GNU grep - A Cautionary Tale About GPLv3 - zdw
http://gdamore.blogspot.com/2012/10/gnu-grep-cautionary-tale-about-gplv3.html

======
3825
If the author is required to publish the source code, guess what his second to
market competitors will have to do as well? Free software is not an
ideological exercise. It has its benefits. The author missed out on a huge
opportunity.

The author is greedy. GPL v3 successfully cut off the parasite. Good riddance.

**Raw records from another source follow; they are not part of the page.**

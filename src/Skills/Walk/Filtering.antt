-- ===== src/Skills/Walk/Filtering.antt =====
-- To which roles `BuildSkills` shows a skill.
use neuralgentics_broker.Prelude.{
  ℕ, String, ◌≡◌, refl, sym, ap, ◌∙◌, inl, inr, Bool, true, false, not, ◌&&◌, ◌||◌, Option, none,
  some, List, [], ◌∷◌, arith, ◌==◌, eq_iff, eq_refl, Bool-cases, Option-cases, is_empty, keep_if,
  All, elem, elem-keep_if, Dict,
}
use neuralgentics_broker.Skills.{SkillSummary, ScopeFile, DirEntry, Value, load_scope}
use neuralgentics_broker.Skills.Tags.{
  is_positive, yaml_tags, is_named, tag_intersection, merged_tags, merge_tags, parse_skill_tags,
}
use neuralgentics_broker.Skills.Tags.Merging.{verdict, keeps_one, elem-merged_tags}
use neuralgentics_broker.Skills.Local.{
  Builder, Files, is_hidden, filtered_out, collect, local_skill, local_file, walk_local_skills,
  collect_all, entries_or_nil,
}
use neuralgentics_broker.Skills.External.{
  take_skill, take_skills, walk_external_skills, Taken, repo_skills,
}
use neuralgentics_broker.Skills.Walk.{skills_in, build_skills}

any : (String → Bool) → List String → Bool
any p [] = false
any p (t ∷ ts) = p t || any p ts

any-elem :
    (p : String → Bool) (x : String) (ts : List String)
    → elem x ts ≡ true
    → p x ≡ true
    → any p ts ≡ true
unfolding any
any-elem p x [] e h = cc
any-elem p x (t ∷ ts) e h = ground (arith, eq_iff t x, any-elem p x ts)

elem-any :
    (p : String → Bool) (ts : List String)
    → any p ts ≡ true
    → (x : String) × (elem x ts ≡ true) × (p x ≡ true)
unfolding any
elem-any p [] h = absurd (cc)
elem-any p (t ∷ ts) h = elim (Bool-cases (p t)) [
  | inl e ↦ (t, ground (arith, eq_iff t t), e)
  | inr n ↦ let (x, inside, q) = elem-any p ts (ground arith) in (x, ground arith, q)
]

is_empty-elem : (x : String) (xs : List String) → elem x xs ≡ true → is_empty xs ≡ false
is_empty-elem x [] h = cc
is_empty-elem x (y ∷ ys) h = refl

-- an element of a filtered list
first-keep_if :
    (p : String → Bool) (xs : List String)
    → is_empty (keep_if p xs) ≡ false
    → (x : String) × (elem x (keep_if p xs) ≡ true)
first-keep_if p xs = first (keep_if p xs)
  where
    first : (ys : List String) → is_empty ys ≡ false → (x : String) × (elem x ys ≡ true)
    first [] h = cc
    first (y ∷ ys) h = (y, ground (arith, eq_iff y y))

is_empty-tag_intersection :
    (a b : List String) → is_empty (tag_intersection a b) ≡ not (any (λ t. elem t a) b)
unfolding tag_intersection
is_empty-tag_intersection a b = elim (Bool-cases (any (λ t. elem t a) b)) [
  | inl some_in ↦
      let (x, in_b, in_a) = elem-any (λ t. elem t a) b some_in in
      is_empty-elem x (keep_if (λ t. elem t b) a)
        (elem-keep_if x (λ t. elem t b) a ∙ rw (in_b, in_a) refl)
      ∙ rw some_in refl
  | inr none_in ↦ elim (Bool-cases (is_empty (keep_if (λ t. elem t b) a))) [
    | inl e ↦ rw (none_in, e) refl
    | inr e ↦
        let (x, kept) = first-keep_if (λ t. elem t b) a e in
        let both : (elem x b && elem x a) ≡ true = sym (elem-keep_if x (λ t. elem t b) a) ∙ kept in
        ground (arith, any-elem (λ t. elem t a) x b)
  ]
]

All-self : (ts : List String) → All (λ (t : String). elem t ts ≡ true) ts
All-self ts = All-tail ts ts (λ x h. h)
  where
    All-tail :
        (ts us : List String)
        → ((x : String) → elem x us ≡ true → elem x ts ≡ true)
        → All (λ (t : String). elem t ts ≡ true) us
    All-tail ts [] k = tt
    All-tail ts (u ∷ us) k =
        (k u (ground (arith, eq_refl u)), All-tail ts us (λ x h. k x (ground arith)))

any-keeps_one :
    (fm_tags ts us : List String)
    → All (λ (t : String). elem t ts ≡ true) us
    → any (λ t. elem t (merged_tags fm_tags (some ts))) us ≡ keeps_one fm_tags us
unfolding any
any-keeps_one fm_tags ts [] h = refl
any-keeps_one fm_tags ts (u ∷ us) h =
    let e = elem-merged_tags fm_tags (some ts) u ∙ ap (λ (b : Bool). verdict b fm_tags u) h.0 in
    rw (e, any-keeps_one fm_tags ts us h.1) refl

-- whether a skill with these tags of its own is for a role with these tags in the scope file
abbrev pub is_for : List String → Option (List String) → Bool
is_for fm_tags none = false
is_for fm_tags (some ts) = is_empty fm_tags || keeps_one fm_tags ts

-- A scope file with a positive version and a role shows a named role a skill exactly if the file
-- lists the role, and the skill has no tags of its own or at least one of the role's tags is left
-- after them.
filtered_out-merge_tags :
    (fm_tags : List String) (role : String) (scope : ScopeFile)
    → is_named role ≡ true
    → is_positive scope.version ≡ true
    → is_empty scope.roles ≡ false
    → filtered_out role scope (merge_tags fm_tags role scope).1
      ≡ not (is_for fm_tags (yaml_tags scope role))
unfolding filtered_out merge_tags
filtered_out-merge_tags [] role scope n v r = elim (Option-cases (yaml_tags scope role)) [
  | inl absent ↦ rw (n, v, r, absent) refl
  | inr (ts, there) ↦ rw (n, v, r, there) refl
]
filtered_out-merge_tags (tag ∷ tags) role scope n v r = elim (Option-cases (yaml_tags scope role)) [
  | inl absent ↦ rw (n, v, r, absent) refl
  | inr (ts, there) ↦
      let kept =
        is_empty-tag_intersection (merged_tags (tag ∷ tags) (some ts)) ts
        ∙ ap not (any-keeps_one (tag ∷ tags) ts ts (All-self ts)) in
      elim (Bool-cases (keeps_one (tag ∷ tags) ts)) [
        | inl some_left ↦ rw (there, kept, some_left) (rw (n, v, r) refl)
        | inr none_left ↦ rw (there, kept, none_left) (rw (n, v, r) refl)
      ]
]

-- A scope file without a positive version and without roles, which an empty file is, hides every
-- skill from every named role.
filtered_out-empty_scope :
    (fm_tags : List String) (role : String) (scope : ScopeFile)
    → is_named role ≡ true
    → is_positive scope.version ≡ false
    → scope.roles ≡ []
    → filtered_out role scope (merge_tags fm_tags role scope).1 ≡ true
unfolding filtered_out merge_tags
filtered_out-empty_scope [] role scope n v r = rw (n, v, r) refl
filtered_out-empty_scope (tag ∷ tags) role scope n v r = rw (n, v, r) refl

-- what a builder takes of the local skills and the external ones, where every skill is filtered out
collect-none {ℓ κ} :
    {A : Type ℓ} {B : Type κ} (f : A → Option B) (xs : List A)
    → ((x : A) → f x ≡ none)
    → collect f xs ≡ []
unfolding collect
collect-none f [] h = refl
collect-none f (x ∷ xs) h = rw (h x, collect) (collect-none f xs h)

module _ (role : String) (scope : ScopeFile)
    (hides : (tags : List String)
      → filtered_out role scope (merge_tags tags role scope).1 ≡ true) where
  local_file-hidden :
      (f : Files) (root dir path : String) (size : Option ℕ) (file : Option (List ℕ × Dict Value))
      → local_file f root role scope dir path size file ≡ none
  local_file-hidden f root dir path none file = refl
  local_file-hidden f root dir path (some size) none = refl
  local_file-hidden f root dir path (some size) (some (bs, fm)) =
      rw (hides (parse_skill_tags f.1 fm)) refl

  local_skill-hidden :
      (f : Files) (root skills_dir : String) (e : DirEntry)
      → local_skill f root role scope skills_dir e ≡ none
  unfolding local_skill
  local_skill-hidden f root skills_dir e = elim (Bool-cases (not e.is_dir || is_hidden e.name)) [
    | inl skipped ↦ rw (skipped, local_skill) refl
    | inr looked_at ↦ rw (looked_at, local_skill) (local_file-hidden f root e.name _ _ _)
  ]

  take_skill-hidden : (acc : Taken) (s : SkillSummary) → take_skill role scope acc s ≡ acc
  unfolding take_skill
  take_skill-hidden (seen, skills) s = elim (Bool-cases (elem s.name seen)) [
    | inl e ↦ rw e refl
    | inr n ↦ rw (n, hides s.tags) refl
  ]

  take_skills-hidden : (acc : Taken) (ss : List SkillSummary) → take_skills role scope acc ss ≡ acc
  unfolding take_skills
  take_skills-hidden acc [] = refl
  take_skills-hidden acc (s ∷ ss) =
      let same : take_skill role scope acc s ≡ acc = take_skill-hidden acc s in
      rw same (take_skills-hidden acc ss)

  walk_local_skills-hidden : (f : Files) (root : String) → walk_local_skills f root role scope ≡ []
  unfolding walk_local_skills
  walk_local_skills-hidden f root =
      let dir = f.0.join (f.0.join root ".opencode") "skills" in
      collect-none (local_skill f root role scope dir) (entries_or_nil (f.0.read_dir dir))
        (local_skill-hidden f root dir)

  walk_external_skills-hidden :
      (f : Files) (b : Builder) (seen : List String) → walk_external_skills f b role scope seen ≡ []
  unfolding walk_external_skills
  walk_external_skills-hidden f b seen =
      ap (λ (t : Taken). t.1)
        (take_skills-hidden (seen, []) (collect_all (repo_skills f b) b.manifest))

  skills_in-hidden : (f : Files) (b : Builder) (root : String) → skills_in f b role scope root ≡ []
  skills_in-hidden f b root =
      rw (walk_local_skills-hidden f root, walk_external_skills-hidden f b [])
        (elim (Bool-cases (b.external_dir == "")) [ inl e ↦ rw e refl | inr n ↦ rw n refl ])

-- If the workspace's scope file has no positive version and no roles, `BuildSkills` gives a named role
-- no skill at all, local or external.
build_skills-empty_scope :
    (f : Files) (b : Builder) (role root : String) (scope : ScopeFile)
    → is_named role ≡ true
    → load_scope f.0 root ≡ some scope
    → is_positive scope.version ≡ false
    → scope.roles ≡ []
    → ((build_skills f b role root).skills ≡ []) × ((build_skills f b role root).total_skills ≡ 0)
unfolding build_skills
build_skills-empty_scope f b role root scope n l v r =
    let hides = λ (tags : List String). filtered_out-empty_scope tags role scope n v r in
    let nothing : skills_in f b role scope root ≡ [] = skills_in-hidden role scope hides f b root in
    rw (l, nothing) (refl, refl)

Now, he does make a good point though. We have to think strategically. Read
gnu.org for details but here is the cinch: if there are commercial
alternatives to what you are making, make your licensing liberal (arguably
android because iOS existed and WinPoo 7 was apparently in the works). This
encourages adoption of foss. However, when foss has the market cornered, don't
let the big guys take your ball and run home. Use GPL v3.

The author is greedy. GPL v3 successfully cut off the parasite. Good riddance.

Now, this was a real soap box. Let me hop off it real quick.

------
pnathan
I became an AGPL3 fan after reading many papers from the 50s->70s, before the
rise of open source & the Unix sharing habits. I believe its a crying shame
that all those wonderful tools and systems that I read about disappeared into
the void and got hidden by closed-source approaches to development and
licensing. I am _fully_ aware that this limits certain avenues of
commercialization, and I am fully OK with that. I believe that an AGPL3 world
is a better world for computer science and technology.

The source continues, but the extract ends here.